All the info is in the links provided.


----------



## JohnJ0906 (Jan 7, 2007)

JamesNLA said:


> That is different than CSST. CSST issues are the actual line blowing open in the event of a direct lightning hit. Bonding it (to me) will do nothing, except get a few people and a bunch or lawyers rich.


Actually, I think this suit arose from indirect strike damage. The charge would arc from the CSST to another system with a different potential, causing leaks. Let me see if I can find that file....


----------



## JohnJ0906 (Jan 7, 2007)

I have a pdf file I would like to attach, but it is too large. Is there a host site I could use? (like photobucket for pictures)

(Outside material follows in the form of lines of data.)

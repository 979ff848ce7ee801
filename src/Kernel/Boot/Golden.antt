-- ===== src/Kernel/Boot/Golden.antt =====
-- The port and the exit word of the default build, line by line.
use apex_os_rv.Prelude.{
  if◌then◌else◌, Bool, ℕ, suc, ◌+◌, ◌*◌, ◌≤◌, ◌<◌, ◌≡◌, refl, ap, ◌∙◌, true, false, some, Option,
  List, [], ◌∷◌, ◌++◌, map, append-nil, Text, codes, returned,
}
use apex_os_rv.Protocol.Wire.{Wire}
use apex_os_rv.Protocol.Event.{Event}
use apex_os_rv.Goal.Script
use apex_os_rv.Goal.Script.{ScriptedInference, new, script_success, script_hang}
use apex_os_rv.Goal.Script.Turns.{next-Completes}
use apex_os_rv.Kernel.Agent.Exit.{prompted}
use apex_os_rv.Kernel.Qemu.{exit_pass, exit_fail}
use apex_os_rv.Kernel.Env.{step_timeout, objective}
use apex_os_rv.Kernel.Probe.{Virtio, probe}
use apex_os_rv.Kernel.Watchdog.{Loop, is_done}
use apex_os_rv.Kernel.Watchdog.Round.{IsClock}
use apex_os_rv.Kernel.Watchdog.Transparent.{drive_goal-run}
use apex_os_rv.Kernel.Watchdog.Polls.{drive_goal-polls}
use apex_os_rv.Kernel.Console.{Json, PrintsAs}
use apex_os_rv.Kernel.Proto.{Literals}
use apex_os_rv.Kernel.Proto.Stable.{AreStable, run_iff}
use apex_os_rv.Kernel.Boot.{
  Features, heap_size, alloc_line, polls_line, halting, script_of, handled, told, fold_demo,
  overdraw, decide, normal_flow, main, kernel,
}
use apex_os_rv.Kernel.Boot
use apex_os_rv.Kernel.Boot.Success.{success_events, finished, run-success, seen-some}
use apex_os_rv.Kernel.Boot.Fate.{goal_loop}
use apex_os_rv.Kernel.Boot.Hang.{hang_events, IsHung, drive_goal-IsHung}
use apex_os_rv.Kernel.Watchdog.Liveness.{drive_goal_ends}
use apex_os_rv.Str.Decimal.{decimal, digits}
use apex_os_rv.Kernel.Boot.Prints.{
  device_lines, init-Prints, fold_demo-Prints, demo_lines, told-Prints, end_lines,
}

alloc_line_default : alloc_line 1048576 ≡ codes "alloc ok: 42 (heap: 1024 KiB)"
unfolding alloc_line decimal digits
alloc_line_default = refl

-- The builds of the gates that run a goal.
abbrev pub build : Bool → Features
build fails = record { tiny_heap = false; panic_test = false; fail_script = fails }

module _ {w : Wire} (print : Event w → Text) where
  -- The lines of the boot, of a device that was found, of the allocator, of the wire contract, of
  -- the demonstration, and of the goal.
  abbrev pub kernel_lines : w.Value → w.Value → List Text → List Text → List Text → List Text
  kernel_lines empty content device proto goal_lines =
      codes "apexos-rv: hart 0 online" ∷ device
      ++ (codes "alloc ok: 42 (heap: 1024 KiB)" ∷ proto
          ++ (demo_lines print empty content ++ goal_lines))

  -- The lines of a goal.
  abbrev pub goal_lines : Loop w Script.ScriptedInference → List Text
  goal_lines l = map print l.log ++ end_lines (is_done l.driver.state) l.polls

module _ {w : Wire} (json : Json w) (print : Event w → Text)
    (total : (ev : Event w) → PrintsAs json ev (print ev)) (empty content : w.Value) (clock : ℕ → ℕ)
    (secs goal : Option Text) (fuel : ℕ) where
  module _ {Transport Nic : Type 0} (virtio : Virtio Transport Nic) (mac_address : Nic → ℕ → ℕ)
      (info : Text) (lit : Literals w) (served : ℕ → ℕ → Bool) where
    -- Of a goal whose loop returned: its events and its end are the last lines, and the word says
    -- whether it is done.
    pub kernel-goal_loop :
        (fails : Bool) (proto : List Text) (l : Loop w Script.ScriptedInference)
        → AreStable json lit proto
        → goal_loop json empty content clock secs goal fuel (build fails) ≡ some l
        → kernel json empty content clock secs goal fuel lit served virtio mac_address info
            (build fails)
          ≡ (
            kernel_lines print empty content
                (device_lines mac_address (probe virtio))
                proto
                (goal_lines print l),
            returned (if is_done l.driver.state then exit_pass else exit_fail 2),
          )
    unfolding kernel main normal_flow overdraw decide Boot.run handled heap_size
    kernel-goal_loop fails proto l stable returns =
        rw
          (
            init-Prints virtio mac_address,
            (run_iff json lit proto).1 stable,
            fold_demo-Prints json print total empty content,
            returns,
            told-Prints json print total l,
            append-nil,
            alloc_line_default,
          )
          refl

    module _ (c : IsClock clock) where
      -- Where serde prints every event and the events of the wire contract are stable, with a
      -- clock that ticks with gaps of less than half its range, a timeout below half the range,
      -- and fuel for nine timeouts: in the build with the script that hangs, the loop returns
      -- with a goal that has failed in its second step with the stall's detail; the script's next
      -- turn still answers `pending`, whatever it is shown, and at the newest reading of the
      -- clock more than the timeout has passed since the step began. The port has the lines of
      -- the boot, of the device that was found, of the allocator, of the wire contract, of the
      -- demonstration and the three events of the goal, and the kernel ends with the failing word
      -- of code 2.
      pub kernel-fail_script :
          (proto : List Text)
          → AreStable json lit proto
          → step_timeout secs < 9223372036854775808
          → 9 * (step_timeout secs + 2) ≤ fuel
          → (l : Loop w Script.ScriptedInference) × (goal_loop json empty content clock secs goal
                fuel
                (build true)
              ≡ some l)
            × IsHung w clock (step_timeout secs) (objective goal) l
            × (kernel json empty content clock secs goal fuel lit served virtio mac_address info
                  (build true)
                ≡ (
                  kernel_lines print empty content
                      (device_lines mac_address (probe virtio))
                      proto
                      (map print (hang_events (objective goal))),
                  returned (exit_fail 2),
                ))
      unfolding script_of
      kernel-fail_script proto stable short enough =
          let timeout = step_timeout secs in
          let (l, returns, over) =
            drive_goal_ends w Script.next clock timeout c short (objective goal) (new script_hang)
              fuel enough in
          let (d, log, waits, late) =
            drive_goal-IsHung w clock timeout (objective goal) fuel l returns over in
          (
            l,
            returns,
            (d, log, waits, late),
            kernel-goal_loop true proto l stable returns ∙ rw (d, log) refl,
          )

      module _ (quick : (k : ℕ) → clock (suc k) ≤ clock k + step_timeout secs)
          (enough : 4 ≤ fuel) where
        success_loop :
            (l : Loop w Script.ScriptedInference) × (goal_loop json empty content clock secs goal
                fuel
                (build false)
              ≡ some l)
            × (l.driver ≡ finished (objective goal))
            × (l.log ≡ success_events (objective goal))
            × (l.polls ≡ 3)
        unfolding finished script_of
        success_loop =
            let o = objective goal in
            let s = new script_success in
            let ready = prompted w empty content in
            let e =
              drive_goal-run w Script.next clock (step_timeout secs) c quick o s fuel next-Completes
                ready
              ∙ run-success w o fuel enough in
            let (l, returns, driver, log) = seen-some _ _ _ _ e in
            (
              l,
              returns,
              driver,
              log,
              drive_goal-polls w Script.next clock (step_timeout secs) c quick o s fuel l
                    next-Completes ready returns
                  ∙ ap (λ d. d.step) driver,
            )

        -- Where serde prints every event and the events of the wire contract are stable, with a
        -- clock that ticks with gaps of less than half its range and no more than the timeout
        -- between two readings, and fuel for four rounds: the default build prints exactly the
        -- lines of the boot, of the device that was found, of the allocator, of the wire
        -- contract, of the demonstration, of a goal that is done at step 3, of its three polls
        -- and of the halt, and ends with the passing word.
        pub kernel-golden :
            (proto : List Text)
            → AreStable json lit proto
            → kernel json empty content clock secs goal fuel lit served virtio mac_address info
                (build false)
              ≡ (
                kernel_lines print empty content
                    (device_lines mac_address (probe virtio))
                    proto
                    (map print (success_events (objective goal)) ++ polls_line 3 ∷ halting ∷ []),
                returned exit_pass,
              )
        unfolding finished
        kernel-golden proto stable =
            let (l, returns, driver, log, polls) = success_loop in
            kernel-goal_loop false proto l stable returns ∙ rw (log, polls, driver) refl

How do you guys do it? :sad:


----------



## JohnJ0906 (Jan 7, 2007)

http://www.snapdrive.net/files/507790/csst_lightningconcerns.pdf

Lets see if this works....

Hey it works! Check out the Overview (1.1) in this report. It says it's *Indirect* strikes this bonding is trying to mitigate.

I don't see any way that CSST could take a direct strike, bonding or not.


----------



## 747 (Jan 21, 2005)

I say thats kind of a funky set up but i guess it wil fly. Mines not grounded. Also i have never seen a hotwater heater with so many water shut off values. I count four. Main cold water then the one coming off the T then the one on the funky elbow then the one just on top of heater. Mine only has two. Main cold water shut off and shutoff to boiler. Also its kind of a funky duct vent set up on it also the way it runs out that wall. Mine the duct does a 90 to the boiler and uses its vent to duct the fumes.


----------



## JamesNLA (Jun 2, 2006)

JohnJ0906 said:


> http://www.snapdrive.net/files/507790/csst_lightningconcerns.pdf
> 
> Lets see if this works....
> 
> ...


 
Well, this document address both direct and indirect. I read the entire complaint and the resulting settlement and what stuck in my mind was the event of a direct strike. Without wasting away my Sunday, I'll refrain from re-reading it and assume the legel document covered both direct and indirect. 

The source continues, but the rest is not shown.